Affiliation:
1. Footwear Design and Development Institute, Ministry of Commerce and Industry, Government of India, Kolkata, India
2. Department of Commerce, University of Calcutta, Kolkata, India
Abstract
This paper aims to assess the weather risk exposure of Indian power sector from both generation and demand sides. The study considers two representative firms – firstly, Damodar Valley Corporation (DVC), a hydro-generator, to assess its rainfall exposure, and secondly, Calcutta Electric Supply Corporation (CESC), a retail power supplier, to assess the temperature sensitivity of power demand. The study opts for ‘Value at Risk’ approach, which combines both the sensitivity of power variables towards weather variable and the probability of weather change. The sensitivity is measured using regression analysis with autoregressive distributed lag (ARDL). Parametric distributions are fitted to weather data to assess probabilities. Due to the ‘fat-tail’ characteristic of the fitted distribution, a ‘conditional value-at-risk’ model is considered more effective.

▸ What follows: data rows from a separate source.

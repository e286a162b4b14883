-- ===== src/Lock/Can.antt =====
-- Lock presses seen on the CAN bus (include/bmw_remote/infrastructure/can_lock_command_adapter.hpp and
-- src/infrastructure/can_lock_command_adapter.cpp): the adapter makes evidence of the rising edges of
-- one bit of one frame, guarded by a rolling counter, and the pipeline hands it to the gate.
pub mod Conditions
pub mod Counter
pub mod Outcomes
pub mod Edges
pub mod Passage
use bmw_e9x_remote_control.Common.{
  ℕ, zero, suc, ◌+◌, ◌-◌, ◌*◌, ◌/◌, ◌%◌, ◌^◌, Bool, true, false, not, ◌&&◌, ◌||◌, Option, some,
  List, [], ◌∷◌, get_or, ltb, leb, ◌==◌, same_bool, if◌then◌else◌, bit_and, bit_or, strictly_newer,
  u32_mod,
}
use bmw_e9x_remote_control.Lock.Gate.{
  LockCommandEvidence, LockCommandSource, LockCommandTrust, LockCommandStatus, LockCommandGate,
  process, reset_gate,
}

-- `can_core::CanFrame`, less its sequence, bitrate, channel and status, which the adapter does not read. The only
-- direction is `Rx`.
pub record CanFrame : Type 0 where
  pub timestamp_us : ℕ  -- uint64_t
  pub identifier : ℕ  -- uint32_t
  pub data_length : ℕ  -- uint8_t
  pub extended : Bool
  pub data_bytes : List ℕ  -- `data`, of 8 uint8_t

abbrev pub maximum_identifier : Bool → ℕ
maximum_identifier true = 536870911
maximum_identifier false = 2047

abbrev pub maximum_data_length : ℕ
maximum_data_length = 8

abbrev pub frame_is_valid : CanFrame → Bool
frame_is_valid f =
    leb f.data_length maximum_data_length && leb f.identifier (maximum_identifier f.extended)

abbrev pub timestamp_milliseconds : CanFrame → ℕ
timestamp_milliseconds f = (f.timestamp_us / 1000) % u32_mod

pub record CanBitMatcher : Type 0 where
  pub byte_index : ℕ  -- uint8_t
  pub mask : ℕ  -- uint8_t
  pub expected_value : ℕ  -- uint8_t

abbrev pub matcher_is_valid : CanBitMatcher → ℕ → Bool
matcher_is_valid m data_length =
    ltb m.byte_index data_length
    && not (m.mask == 0)
    && bit_and m.expected_value (255 - m.mask) == 0

abbrev pub matches : CanBitMatcher → CanFrame → Bool
matches m f =
    ltb m.byte_index f.data_length
    && ltb m.byte_index maximum_data_length
    && not (m.mask == 0)
    && bit_and (get_or f.data_bytes m.byte_index 0) m.mask == m.expected_value

pub record CanCounterField : Type 0 where
  pub byte_index : ℕ  -- uint8_t
  pub mask : ℕ  -- uint8_t

-- The loop of `CanCounterField::bitCount`, for at most `n` turns.
abbrev pub count_bits : ℕ → ℕ → ℕ
count_bits zero bits = 0
count_bits (suc n) bits =
    let rest = count_bits n (bits / 2) in if bits == 0 then 0 else bit_and bits 1 + rest

-- `CanCounterField::bitCount`: eight turns leave nothing of a byte.
unfoldable pub bit_count : CanCounterField → ℕ
bit_count c = count_bits 8 c.mask

unfoldable pub counter_is_valid : CanCounterField → ℕ → Bool
unfolding bit_count
counter_is_valid c data_length = ltb c.byte_index data_length && leb 2 (bit_count c)

-- The loop of `CanCounterField::extract`, for `n` turns: `place` is the input mask, and `out` the output
-- bit.
abbrev pub extract_bits : ℕ → ℕ → ℕ → ℕ → ℕ → ℕ → ℕ
extract_bits zero place out value mask packed = packed
extract_bits (suc n) place out value mask packed =
    let used = not (bit_and mask place == 0) in
    let set = not (bit_and value place == 0) in
    extract_bits n (place * 2) (if used then out * 2 else out) value mask
      (if used && set then bit_or packed out else packed)

unfoldable pub extract : CanCounterField → CanFrame → ℕ
extract c f =
    if leb f.data_length c.byte_index || leb maximum_data_length c.byte_index
    then 0
    else extract_bits 8 1 1 (get_or f.data_bytes c.byte_index 0) c.mask 0

pub record CanLockCommandAdapterConfig : Type 0 where
  pub is_enabled : Bool
  pub trust : LockCommandTrust
  pub identifier : ℕ  -- uint32_t
  pub extended : Bool
  pub data_length : ℕ  -- uint8_t
  pub lock_command : CanBitMatcher
  pub vehicle_secured : CanBitMatcher
  pub rolling_counter : CanCounterField

pub data CanLockDecodeStatus : Type 0 where
  disabled ignored primed no_command evidence_produced : CanLockDecodeStatus
  rejected_invalid_configuration rejected_invalid_frame : CanLockDecodeStatus
  rejected_duplicate_counter rejected_out_of_order_counter : CanLockDecodeStatus
  rejected_timestamp_regression : CanLockDecodeStatus

-- `CanLockDecodeResult`; the evidence stands in it exactly where the status is `EvidenceProduced`.
pub data CanLockDecodeResult : Type 0 where
  without_evidence : CanLockDecodeStatus → CanLockDecodeResult
  with_evidence : LockCommandEvidence → CanLockDecodeResult

abbrev pub decode_status : CanLockDecodeResult → CanLockDecodeStatus
decode_status (without_evidence status) = status
decode_status (with_evidence e) = evidence_produced

abbrev pub requires_gesture_reset : CanLockDecodeStatus → Bool
requires_gesture_reset rejected_invalid_configuration = true
requires_gesture_reset rejected_invalid_frame = true
requires_gesture_reset rejected_duplicate_counter = true
requires_gesture_reset rejected_out_of_order_counter = true
requires_gesture_reset rejected_timestamp_regression = true
requires_gesture_reset _ = false

pub record CanLockCommandAdapter : Type 0 where
  pub config : CanLockCommandAdapterConfig
  pub last_timestamp_ms : ℕ  -- uint32_t
  pub expanded_sequence : ℕ  -- uint32_t
  pub last_raw_counter : ℕ  -- uint8_t
  pub last_command_active : Bool
  pub is_initialized : Bool

abbrev pub reset_adapter : CanLockCommandAdapter → CanLockCommandAdapter
reset_adapter a = record a {
  last_timestamp_ms = 0;
  expanded_sequence = 0;
  last_raw_counter = 0;
  last_command_active = false;
  is_initialized = false;
}

abbrev pub are_independent : ℕ → ℕ → ℕ → ℕ → Bool
are_independent index1 mask1 index2 mask2 = not (index1 == index2) || bit_and mask1 mask2 == 0

-- `configIsValid`.
unfoldable pub adapter_config_is_valid : CanLockCommandAdapterConfig → Bool
unfolding counter_is_valid
adapter_config_is_valid c =
    let command = c.lock_command in
    let secured = c.vehicle_secured in
    let counter = c.rolling_counter in
    leb c.identifier (maximum_identifier c.extended)
    && not (c.data_length == 0)
    && leb c.data_length maximum_data_length
    && matcher_is_valid command c.data_length
    && matcher_is_valid secured c.data_length
    && counter_is_valid counter c.data_length
    && are_independent command.byte_index command.mask counter.byte_index counter.mask
    && are_independent secured.byte_index secured.mask counter.byte_index counter.mask
    && are_independent command.byte_index command.mask secured.byte_index secured.mask

-- `CanLockCommandAdapter::reject`.
abbrev pub reject_frame :
    CanLockCommandAdapter → CanLockDecodeStatus → CanLockCommandAdapter × CanLockDecodeResult
reject_frame a status = (reset_adapter a, without_evidence status)

-- The distance that the rolling counter moved, modulo its range. The last counter was extracted under
-- the same mask, so that nothing is cut off at 0.
unfoldable pub counter_distance : CanLockCommandAdapter → CanFrame → ℕ
unfolding bit_count extract
counter_distance a f =
    let modulus = 2 ^ bit_count a.config.rolling_counter in
    (extract a.config.rolling_counter f + modulus - a.last_raw_counter) % modulus

-- The end of `process`: the frame is taken.
abbrev pub take_frame :
    CanLockCommandAdapter → CanFrame → CanLockCommandAdapter × CanLockDecodeResult
take_frame a f =
    let command_active = matches a.config.lock_command f in
    let sequence = (a.expanded_sequence + counter_distance a f) % u32_mod in
    let a1 : CanLockCommandAdapter = record a {
      last_timestamp_ms = timestamp_milliseconds f;
      last_raw_counter = extract a.config.rolling_counter f;
      expanded_sequence = sequence;
      last_command_active = command_active;
    } in
    let rising_edge = command_active && not a.last_command_active in
    if not rising_edge then (a1, without_evidence no_command) else (
      a1,
      with_evidence (record {
        source = LockCommandSource.vehicle_adapter;
        trust = a.config.trust;
        source_sequence = sequence;
        observed_at_ms = timestamp_milliseconds f;
        vehicle_secured = matches a.config.vehicle_secured f;
      }),
    )

-- `process`, once the first frame was seen.
abbrev pub advance : CanLockCommandAdapter → CanFrame → CanLockCommandAdapter × CanLockDecodeResult
advance a f =
    let modulus = 2 ^ bit_count a.config.rolling_counter in
    if counter_distance a f == 0
    then reject_frame a rejected_duplicate_counter
    else if leb (modulus / 2) (counter_distance a f)
    then reject_frame a rejected_out_of_order_counter
    else take_frame a f

-- `process`, for the first frame.
abbrev pub prime : CanLockCommandAdapter → CanFrame → CanLockCommandAdapter × CanLockDecodeResult
prime a f = (
  record a {
    last_timestamp_ms = timestamp_milliseconds f;
    last_raw_counter = extract a.config.rolling_counter f;
    last_command_active = matches a.config.lock_command f;
    is_initialized = true;
  },
  without_evidence primed,
)

abbrev pub is_regression : CanLockCommandAdapter → CanFrame → Bool
is_regression a f =
    a.is_initialized
    && not (timestamp_milliseconds f == a.last_timestamp_ms)
    && not (strictly_newer (timestamp_milliseconds f) a.last_timestamp_ms)

abbrev pub is_other_frame : CanLockCommandAdapter → CanFrame → Bool
is_other_frame a f =
    not (f.identifier == a.config.identifier) || not (same_bool f.extended a.config.extended)

-- `CanLockCommandAdapter::process`.
unfoldable pub process_frame :
    CanLockCommandAdapter → CanFrame → CanLockCommandAdapter × CanLockDecodeResult
unfolding adapter_config_is_valid counter_distance strictly_newer
process_frame a f =
    if not a.config.is_enabled
    then (a, without_evidence disabled)
    else if not (adapter_config_is_valid a.config)
    then reject_frame a rejected_invalid_configuration
    else if not (frame_is_valid f)
    then reject_frame a rejected_invalid_frame
    else if is_other_frame a f
    then (a, without_evidence ignored)
    else if not (f.data_length == a.config.data_length)
    then reject_frame a rejected_invalid_frame
    else if is_regression a f
    then reject_frame a rejected_timestamp_regression
    else if not a.is_initialized
    then prime a f
    else advance a f

-- `command` is the status of the gate's decision, where it was evaluated.
pub record CanLockPipelineResult : Type 0 where
  pub status : CanLockDecodeStatus
  pub command : Option LockCommandStatus

pub record CanLockCommandPipeline : Type 0 where
  pub adapter : CanLockCommandAdapter
  pub gate : LockCommandGate

-- `CanLockCommandPipeline::process`, from what the adapter answered.
unfoldable pub present :
    LockCommandGate → CanLockDecodeResult → ℕ → LockCommandGate × CanLockPipelineResult
unfolding process
present g (without_evidence status) now = (
  if requires_gesture_reset status then reset_gate g else g,
  record { status = status; command = Option.none },
)
present g (with_evidence e) now =
    let (g1, command) = process g e now in
    (g1, record { status = evidence_produced; command = some command })

-- `CanLockCommandPipeline::process`.
unfoldable pub process_pipeline :
    CanLockCommandPipeline → CanFrame → ℕ → CanLockCommandPipeline × CanLockPipelineResult
unfolding process_frame present
process_pipeline p f now =
    let (a1, decoded) = process_frame p.adapter f in
    let (g1, result) = present p.gate decoded now in (record { adapter = a1; gate = g1 }, result)

abbrev pub reset_pipeline : CanLockCommandPipeline → CanLockCommandPipeline
reset_pipeline p = record { adapter = reset_adapter p.adapter; gate = reset_gate p.gate }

The study reveals that the hydroelectricity generation is highly exposed to monsoon rainfall fluctuation and hence the hydro-generator may experience substantial loss of revenue due to insufficient monsoon, whereas the revenue of retail power distributor is moderately exposed to fluctuation of daily surface temperature.
Subject
Energy (miscellaneous),Energy Engineering and Power Technology,Renewable Energy, Sustainability and the Environment,Environmental Engineering
Cited by
1 articles.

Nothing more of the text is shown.